::: Source data :::

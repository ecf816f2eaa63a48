-- ===== src/Sockets/Slots/Held.antt =====
-- What a list of queues holds: for each queue its first index and its elements, no two queues with
-- an index in common.
use mathlib.Core.Option.{or_else}
use belt_pp.Base.{
  ℕ, if◌then◌else◌, subst, ◌+◌, ◌≤◌, ◌<◌, ◌≡◌, refl, ap, ◌∙◌, arith, List, [], ◌∷◌, ◌++◌, Option,
  none, some, length, leb, true, false, dec_le, get_elem?, ◌-◌, lt-get_elem?,
}
use belt_pp.Queue.{Queue, capacity}
use belt_pp.Queue.Model.{lookup_from}
use belt_pp.Queue.Refine.{Holds, get_elem?_beyond}

pub record Segment {ℓ} (A : Type ℓ) : Type ℓ where
  pub base : ℕ
  pub items : List A

module _ {ℓ} {A : Type ℓ} where
  abbrev pub ends : Segment A → ℕ
  ends s = s.base + length s.items

  -- The element under an id.
  abbrev pub look : List (Segment A) → ℕ → Option A
  look [] i = none
  look (s ∷ ss) i = or_else (lookup_from s.base s.items i) (look ss i)

  -- The index behind the last.
  abbrev pub top : ℕ → List (Segment A) → ℕ
  top lo [] = lo
  top lo (s ∷ ss) = top (ends s) ss

module _ {ℓ} {A : Type ℓ} (blank : A) where
  abbrev pub Held : ℕ → List (Queue A) → List (Segment A) → Type ℓ
  Held lo [] [] = Unit {ℓ}
  Held lo [] (s ∷ ss) = Unit {ℓ} × ⊥
  Held lo (q ∷ qs) [] = Unit {ℓ} × ⊥
  Held lo (q ∷ qs) (s ∷ ss) =
      Holds blank q s.base s.items × (lo ≤ s.base) × (0 < capacity q) × Held (ends s) qs ss

  pub Held-le_top :
      (lo : ℕ) (qs : List (Queue A)) (ss : List (Segment A)) → Held lo qs ss → lo ≤ top lo ss
  Held-le_top lo [] [] h = omega arith
  Held-le_top lo [] (s ∷ ss) h = absurd h.1
  Held-le_top lo (q ∷ qs) [] h = absurd h.1
  Held-le_top lo (q ∷ qs) (s ∷ ss) (_, above, _, rest) =
      let later = Held-le_top (ends s) qs ss rest in omega arith

  pub Held-lower :
      (lo lo' : ℕ) (qs : List (Queue A)) (ss : List (Segment A))
      → lo' ≤ lo
      → Held lo qs ss
      → Held lo' qs ss
  Held-lower lo lo' [] [] le h = tt
  Held-lower lo lo' [] (s ∷ ss) le h = absurd h.1
  Held-lower lo lo' (q ∷ qs) [] le h = absurd h.1
  Held-lower lo lo' (q ∷ qs) (s ∷ ss) le (holds, above, room, rest) =
      (holds, omega arith, room, rest)

  pub Held-append :
      (lo : ℕ) (qs rs : List (Queue A)) (ss ts : List (Segment A))
      → Held lo qs ss
      → Held (top lo ss) rs ts
      → Held lo (qs ++ rs) (ss ++ ts)
  Held-append lo [] rs [] ts h k = k
  Held-append lo [] rs (s ∷ ss) ts h k = absurd h.1
  Held-append lo (q ∷ qs) rs [] ts h k = absurd h.1
  Held-append lo (q ∷ qs) rs (s ∷ ss) ts (holds, above, room, rest) k =
      (holds, above, room, Held-append (ends s) qs rs ss ts rest k)

module _ {ℓ} {A : Type ℓ} where
  pub top-append : (lo : ℕ) (ss ts : List (Segment A)) → top lo (ss ++ ts) ≡ top (top lo ss) ts
  top-append lo [] ts = refl
  top-append lo (s ∷ ss) ts = top-append (ends s) ss ts

  pub or_else_assoc : (o p r : Option A) → or_else o (or_else p r) ≡ or_else (or_else o p) r
  unfolding or_else
  or_else_assoc none p r = refl
  or_else_assoc (some a) p r = refl

  pub look-append :
      (ss ts : List (Segment A)) (i : ℕ) → look (ss ++ ts) i ≡ or_else (look ss i) (look ts i)
  unfolding or_else
  look-append [] ts i = refl
  look-append (s ∷ ss) ts i =
      ap (or_else (lookup_from s.base s.items i)) (look-append ss ts i)
      ∙ or_else_assoc (lookup_from s.base s.items i) (look ss i) (look ts i)

  -- An element stands under an id inside its segment.
  pub lookup_inside :
      (base : ℕ) (items : List A) (i : ℕ) (a : A)
      → lookup_from base items i ≡ some a
      → (base ≤ i) × (i < base + length items) × (get_elem? items (i - base) ≡ some a)
  unfolding lookup_from
  lookup_inside base items i a found = elim (dec_le base i) [
    | no below ↦ let test : leb base i ≡ false = ground arith in absurd (cc)
    | yes above ↦
        let test : leb base i ≡ true = ground arith in
        let here : get_elem? items (i - base) ≡ some a =
          subst (λ t. (if t then get_elem? items (i - base) else none) ≡ some a) test found in
        let inside = lt-get_elem? items (i - base) here in (above, omega arith, here)
  ]

  pub lookup_below :
      (base : ℕ) (items : List A) (i : ℕ) → i < base → lookup_from base items i ≡ none
  unfolding lookup_from
  lookup_below base items i h = let test : leb base i ≡ false = ground arith in rw test

  pub lookup_above :
      (base : ℕ) (items : List A) (i : ℕ)
      → base + length items ≤ i
      → lookup_from base items i ≡ none
  unfolding lookup_from
  lookup_above base items i h =
      let test : leb base i ≡ true = ground arith in
      rw test (get_elem?_beyond items (i - base) (omega arith))

module _ {ℓ} {A : Type ℓ} (blank : A) where
  pub look_below :
      (lo : ℕ) (qs : List (Queue A)) (ss : List (Segment A)) (i : ℕ)
      → Held blank lo qs ss
      → i < lo
      → look ss i ≡ none
  unfolding or_else
  look_below lo [] [] i h below = refl
  look_below lo [] (s ∷ ss) i h below = absurd h.1
  look_below lo (q ∷ qs) [] i h below = absurd h.1
  look_below lo (q ∷ qs) (s ∷ ss) i (_, above, _, rest) below =
      rw (lookup_below s.base s.items i (omega arith))
        (look_below (ends s) qs ss i rest (omega arith))

  pub look_above :
      (lo : ℕ) (qs : List (Queue A)) (ss : List (Segment A)) (i : ℕ)
      → Held blank lo qs ss
      → top lo ss ≤ i
      → look ss i ≡ none
  unfolding or_else
  look_above lo [] [] i h above_top = refl
  look_above lo [] (s ∷ ss) i h above_top = absurd h.1
  look_above lo (q ∷ qs) [] i h above_top = absurd h.1
  look_above lo (q ∷ qs) (s ∷ ss) i (_, above, _, rest) above_top =
      let later = Held-le_top blank (ends s) qs ss rest in
      rw (lookup_above s.base s.items i (omega arith)) (look_above (ends s) qs ss i rest above_top)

:::

> [The task]:
Which lines in the data above hold the string "then"? Return each of them.

> [Your solution]:
  ℕ, if◌then◌else◌, subst, ◌+◌, ◌≤◌, ◌<◌, ◌≡◌, refl, ap, ◌∙◌, arith, List, [], ◌∷◌, ◌++◌, Option,
          subst (λ t. (if t then get_elem? items (i - base) else none) ≡ some a) test found in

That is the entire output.